Nevertheless, for its financial year ended December 2019, the company suffered an after-tax loss of RM46.46 million from RM421.43 million in revenue. It has recorded five consecutive years of losses since FY2015.

MRCB, in which the EPF has 36.2% equity interest, is among the country’s major developers and also has a relatively large construction arm. It controls KL Sentral, the transit-oriented development and rail transport hub in Kuala Lumpur.

According to its FY2020 annual report, MRCB has an urban land bank of 323 acres, pegged at a gross development value of RM32 billion, and an external client construction order book of more than RM21.7 billion.

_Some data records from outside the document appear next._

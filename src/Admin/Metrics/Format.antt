-- ===== src/Admin/Metrics/Format.antt =====
-- The format of the metrics of app/api/admin.py.
use syn.Common.{
  ℕ, zero, suc, ◌+◌, ◌/◌, ◌%◌, ◌<◌, ◌≡◌, refl, ◌↔◌, inl, inr, true, Option, none, some, List, [],
  ◌∷◌, ◌++◌, arith, ltb, is_empty, false, if◌then◌else◌, Bool-cases,
}
use syn.Common.Text.{Text, starts_with}
use syn.Common.Decimal.{digits, str_of}
use syn.Common.Decimal.RoundTrip.{IsDigits, digits-IsDigits}
use syn.Errors.{ok}
use syn.Usage.{UsageRecord}
use syn.Admission.{Controller, AdmissionStatus}
use syn.Observability.{SummaryResponse, LatencyDetail, latency_stats}
use syn.Observability.Latency.{LatencyStats}
use syn.Admin.Overview.{admission_shown, admission_status}
use syn.Admin.Overview.Shown.{aggregates}
use syn.Admin.Metrics.Grammar.{is_value_char, all_value, is_value, is_line, AreLines}
use syn.Admin.Metrics.{
  sample, seconds_or_zero, request_lines, gauge_lines, token_lines, duration_lines, first_lines,
  ttft_lines, prometheus_metrics,
}

all_value-digits : (s : Text) → IsDigits s → all_value s ≡ true
unfolding all_value is_value_char
all_value-digits [] d = refl
all_value-digits (c ∷ s) (h, d) = rw (h, all_value-digits s d) refl

append-nonempty : (s : Text) (c : ℕ) → is_empty (s ++ c ∷ []) ≡ false
append-nonempty [] c = refl
append-nonempty (d ∷ s) c = refl

is_value-str_of : (n : ℕ) → is_value (str_of n) ≡ true
unfolding str_of digits is_value
is_value-str_of n =
    rw
      (
        append-nonempty (if ltb n 10 then [] else digits n (n / 10)) (b'0' + n % 10),
        all_value-digits (digits (suc n) n) (digits-IsDigits (suc n) n),
      )
      refl

AreLines-append : (xs ys : List Text) → AreLines xs → AreLines ys → AreLines (xs ++ ys)
AreLines-append [] ys a b = b
AreLines-append (x ∷ xs) ys (h, a) b = (h, AreLines-append xs ys a b)

AreLines-right : (xs ys : List Text) → AreLines (xs ++ ys) → AreLines ys
AreLines-right [] ys a = a
AreLines-right (x ∷ xs) ys (h, a) = AreLines-right xs ys a

infixr 5 ◌▸◌
◌▸◌ : {A B : Type 0} → A → B → A × B
a ▸ b = (a, b)

module _ (seconds : ℕ → Text) (plain : (n : ℕ) → is_value (seconds n) ≡ true) where
  is_value-seconds_or_zero : (v : Option ℕ) → is_value (seconds_or_zero seconds v) ≡ true
  unfolding seconds_or_zero is_value
  is_value-seconds_or_zero none = refl
  is_value-seconds_or_zero (some zero) = refl
  is_value-seconds_or_zero (some (suc n)) = plain (suc n)

  request_lines-AreLines : (s : SummaryResponse) → AreLines (request_lines seconds s)
  unfolding request_lines sample is_line starts_with
  request_lines-AreLines s =
      refl
      ▸ refl
      ▸ is_value-str_of s.requests.completed_count
      ▸ is_value-str_of s.requests.failed_count
      ▸ is_value-str_of s.requests.cancelled_count
      ▸ is_value-str_of s.requests.timed_out_count
      ▸ is_value-str_of s.requests.rejected_count
      ▸ refl
      ▸ tt

  gauge_lines-AreLines : (shown : AdmissionStatus) → AreLines (gauge_lines seconds shown)
  unfolding gauge_lines sample is_line starts_with
  gauge_lines-AreLines shown =
      refl
      ▸ refl
      ▸ is_value-str_of shown.active
      ▸ refl
      ▸ refl
      ▸ refl
      ▸ is_value-str_of shown.queued
      ▸ refl
      ▸ tt

  token_lines-AreLines : (s : SummaryResponse) → AreLines (token_lines seconds s)
  unfolding token_lines sample is_line starts_with
  token_lines-AreLines s =
      refl
      ▸ refl
      ▸ is_value-str_of s.tokens.prompt_tokens
      ▸ is_value-str_of s.tokens.completion_tokens
      ▸ is_value-str_of s.tokens.total_tokens
      ▸ refl
      ▸ tt

  duration_lines-AreLines : (s : SummaryResponse) → AreLines (duration_lines seconds s)
  unfolding duration_lines sample is_line starts_with
  duration_lines-AreLines s =
      refl
      ▸ refl
      ▸ is_value-seconds_or_zero s.latency.p50_ms
      ▸ is_value-seconds_or_zero s.latency.p95_ms
      ▸ is_value-seconds_or_zero s.latency.max_ms
      ▸ refl
      ▸ refl
      ▸ refl
      ▸ tt

  first_lines-AreLines :
      (shown : AdmissionStatus) (s : SummaryResponse) → AreLines (first_lines seconds shown s)
  unfolding first_lines
  first_lines-AreLines shown s =
      let gauges = gauge_lines seconds shown in
      let tokens = token_lines seconds s in
      let durations = duration_lines seconds s in
      AreLines-append (request_lines seconds s) (gauges ++ tokens ++ durations)
        (request_lines-AreLines s)
        (AreLines-append gauges (tokens ++ durations) (gauge_lines-AreLines shown)
          (AreLines-append tokens durations (token_lines-AreLines s) (duration_lines-AreLines s)))

  ttft_lines-AreLines : (l : LatencyStats) → AreLines (ttft_lines seconds l) ↔ (0 < l.count)
  unfolding ttft_lines is_line sample starts_with
  ttft_lines-AreLines l = elim (Bool-cases (ltb 0 l.count)) [
    | inl e ↦ rw e (
      λ a. ground (arith, e),
      λ pos. is_value-seconds_or_zero l.p50_ms ▸ is_value-seconds_or_zero l.p95_ms ▸ tt,
    )
    | inr e ↦ rw e (λ a. absurd (cc a.0), λ pos. absurd (ground (arith, e, pos)))
  ]

  -- The metrics are answered whatever the table holds, and all of their lines have the format exactly
  -- if the statistics of the day count a time to the first token: else the last two lines open two
  -- braces. The text of a number of seconds is taken to be one of digits, points, signs and the
  -- exponent's letter.
  pub prometheus_metrics-AreLines :
      (admission : Option Controller) (day now : ℕ) (table : List UsageRecord)
      → (ls : List Text) × (l : LatencyDetail) × (prometheus_metrics seconds true admission day now
            table
          ≡ ok ls)
        × (latency_stats day now table none none ≡ ok l)
        × (AreLines ls ↔ (0 < l.ttft_ms.count))
  unfolding prometheus_metrics
  prometheus_metrics-AreLines admission day now table =
      let shown = admission_shown (admission_status admission) in
      let (c, l, e, f, same) = aggregates day now table shown.active shown.queued in
      let first = first_lines seconds shown c in
      let ttft = ttft_lines seconds l.ttft_ms in
      let is_iff = ttft_lines-AreLines l.ttft_ms in
      (
        first ++ ttft,
        l,
        rw (e, f, prometheus_metrics) refl,
        f,
        (
          λ a. is_iff.0 (AreLines-right first ttft a),
          λ pos. AreLines-append first ttft (first_lines-AreLines shown c) (is_iff.1 pos),
        ),
      )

For its six months ended June this year, the company suffered a net loss of RM27.21 million from RM452.46 million in revenue. For the corresponding period a year ago, it had a net loss of RM204.81 million from RM592.93 million in sales.

As at end-June, the company had deposits, cash and bank balances of RM426.13 million, long-term borrowings of RM1.23 billion and short-term debt commitments of RM710.37 million. At the end of the period in review, MRCB had retained earnings of RM115.34 million.

At its close of 38.5 sen last Friday, MRCB’s market capitalisation amounted to RM1.72 billion.